This repository contains the library "Hopinosis" - a Haskell implementation of Opinosis.
Opinosis builds a graph from a given text, where each node is a word in the text. For each node the occurrence is noted and the following word is connected via node. Based on this the most redundant paths can be found given that redundancy is either defined by "word occurrence" (node magnitude) or "succession" (edge magnitude).
To yield human readable sentences, only those paths are seen as valid which:
- Start with a node marked as "start"
- End with a node marked as "end"
- Are acyclic
Changes to proposal:
- The position of a word in the sentence and document is not noted. Keeping track of this would need a strict, iterative approach which is not haskelly. Instead, a flag is set whether it was a start and/or end, and the number of occurrences is tracked.
- Due to the changes to the value-bag, both ValueBags and the Graph can be seen as Monoids
- There have been no clearly stated measures for similarity of paths. I have left the function as a parameter and provide jaccard- and cosine-distance as examples.
- It's free, open and for you to explore on Github
I have put some samples up for you, so you can see what you might expect.
You can find samples in this repository, with rough estimates of time on a common office-laptop (generic thinkpad).
To run the code, go to /Src and start your GHCI.
You@GHCI> :load Hopinosis.hs
This will let you use the lib. (don't forget to run cabal configure once! You will need libraries.)
For more Information on the setup, see the cabal file.
$> cabal new-build --enable tests --enable-documentation
$> cabal new-test
$> cabal new-install
For the installation you need to have symlinks configured for your cabal. After that, you can use the library from anywhere on your machine.

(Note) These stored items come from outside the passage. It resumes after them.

-- ===== src/Inspector/Reads.antt =====
-- What a query may send to the database of a frozen workspace.
use dbwarden_harness.Base.{
  String, Bool, true, false, some, List, [], ◌∷◌, any, All, string_eq, ◌≡◌, ◌⊎◌, refl, arith,
  Bool-cases, Option-cases, inl, inr,
}
use dbwarden_harness.Base.Result.{Result, ok, Result-cases}
use dbwarden_harness.Workspace.{Workspace}
use dbwarden_harness.Inspector.{
  Node, ddl, dml, into, lock, other, Parsed, read_dialect, read_guard, is_unsafe, is_one_read,
  query_track_a,
}

-- The statement that makes a transaction of the backend read-only.
abbrev pub ReadOnly : String → String → Type 0
ReadOnly backend first =
    ((backend ≡ "sqlite") × (first ≡ "PRAGMA query_only = ON"))
    ⊎ (((backend ≡ "postgresql") × (first ≡ "SET TRANSACTION READ ONLY"))
        ⊎ ((((backend ≡ "mysql") ⊎ (backend ≡ "mariadb")) × (first ≡ "START TRANSACTION READ ONLY"))
            ⊎ ((backend ≡ "clickhouse") × (first ≡ "SET readonly = 1"))))

-- One query, in whose tree nothing defines, changes data, writes elsewhere or locks.
abbrev pub IsOneRead : List Parsed → Type 0
IsOneRead [] = ⊥
IsOneRead (p ∷ []) = (p.is_query ≡ true) × All (λ node. node ≡ other) p.nodes
IsOneRead (p ∷ q ∷ ps) = ⊥

nodes_safe : (nodes : List Node) → any is_unsafe nodes ≡ false → All (λ node. node ≡ other) nodes
unfolding is_unsafe
nodes_safe [] h = tt
nodes_safe (other ∷ nodes) h = (refl, nodes_safe nodes h)
nodes_safe (ddl ∷ nodes) h = cc
nodes_safe (dml ∷ nodes) h = cc
nodes_safe (into ∷ nodes) h = cc
nodes_safe (lock ∷ nodes) h = cc

is_one_read-IsOneRead : (ps : List Parsed) → is_one_read ps ≡ true → IsOneRead ps
unfolding is_one_read
is_one_read-IsOneRead [] h = cc
is_one_read-IsOneRead (p ∷ []) h = (ground (arith, h), nodes_safe p.nodes (ground (arith, h)))
is_one_read-IsOneRead (p ∷ q ∷ ps) h = cc

read_guard-ReadOnly :
    (backend first : String) → read_guard backend ≡ some first → ReadOnly backend first
unfolding read_guard
read_guard-ReadOnly backend first h = ground (arith, h)

-- What a query of a frozen workspace executes is the backend's read-only statement and then one
-- query, whose tree, as parsed in the backend's dialect, holds no definition, no change of data,
-- no `INTO` and no lock.
pub frozen_query :
    (parse : String → String → Result (List Parsed)) (w : Workspace) (sql : String)
    (read_only : Bool) (sent : List String)
    → w.frozen ≡ true
    → query_track_a parse w sql read_only ≡ ok sent
    → (first : String) × (sent ≡ first ∷ sql ∷ [])
      × ReadOnly w.backend first
      × (ps : List Parsed) × (parse (read_dialect w.backend) sql ≡ ok ps)
      × IsOneRead ps
unfolding query_track_a
frozen_query parse w sql false sent f h = ground (arith, f, h)
frozen_query parse w sql true sent f h = elim (Result-cases (parse (read_dialect w.backend) sql)) [
  | inr (e, p) ↦ ground (arith, h, p)
  | inl (ps, p) ↦ elim (Bool-cases (is_one_read ps)) [
    | inr q ↦ ground (arith, h, p, q)
    | inl q ↦ elim (Option-cases (read_guard w.backend)) [
      | inl g ↦ ground (arith, h, p, q, g)
      | inr (first, g) ↦ (
        first,
        ground (arith, h, p, q, g),
        read_guard-ReadOnly w.backend first g,
        ps,
        p,
        is_one_read-IsOneRead ps q,
      )
    ]
  ]
]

If you're using windows, I highly recommend to change that.
To run after the new-install you can simply go:
Hopinosis -f ./Files/darkwing.txt -n 2 -d 0.51 -t 0.51 -v --sim jaccard
This will run the application. For an overview of the parameters, the Program.hs is considerably well documented.
To run without installation, you can do:
cabal run Hopinosis -f ./Files/darkwing.txt -n 2 -d 0.51 -t 0.51 -v --sim jaccard
This also accepts RTS-Parameters such as +RTS -N2
This seems to be the right way to build documentation from source:
$> cabal act-as-setup -- haddock --builddir=dist-newstyle/build/x86_64-windows/ghc-8.6.3/Hopinosis-M.m.f --internal
Which will create a lot of items for you. index.html
is the starting point you are looking for.
Note: You may have to run an build --enable-documentation
beforehand.
You're contribution is welcome! There are several topics you can help with:
- Results: If you can show me some applications of your opinosis, please open a feedback issue ! Don't be shy if your results don't match your expectations, neither you nor I came up with the algorithm!
- Code-Review: Code can always improve - and mine can sure improve a lot! When you find an ugly piece of code, or know a better solution, tell me so!
- Coding: The more the merrier - join the programming and help me out!
If you want to help me via code, please refer to the Contribution Guidelines.
Here are some thoughts on the project which may come across your mind:
- using my own cosine-similarity. Yes, I also would like to use a library for that. But I have not found a lightweight library for this. If I import a nlp-library with cabal, this will blow up the whole build process. That's why I currently stick to two small functions.
- Performance Problems: One thing I am really concerned about is that I cannot imagine some java program to yield so much better results. I have the feeling that there was no similarity measure involved, as none is described in the paper, but after printing the top-n given the metric, the selection has been done manually. This is just a thought.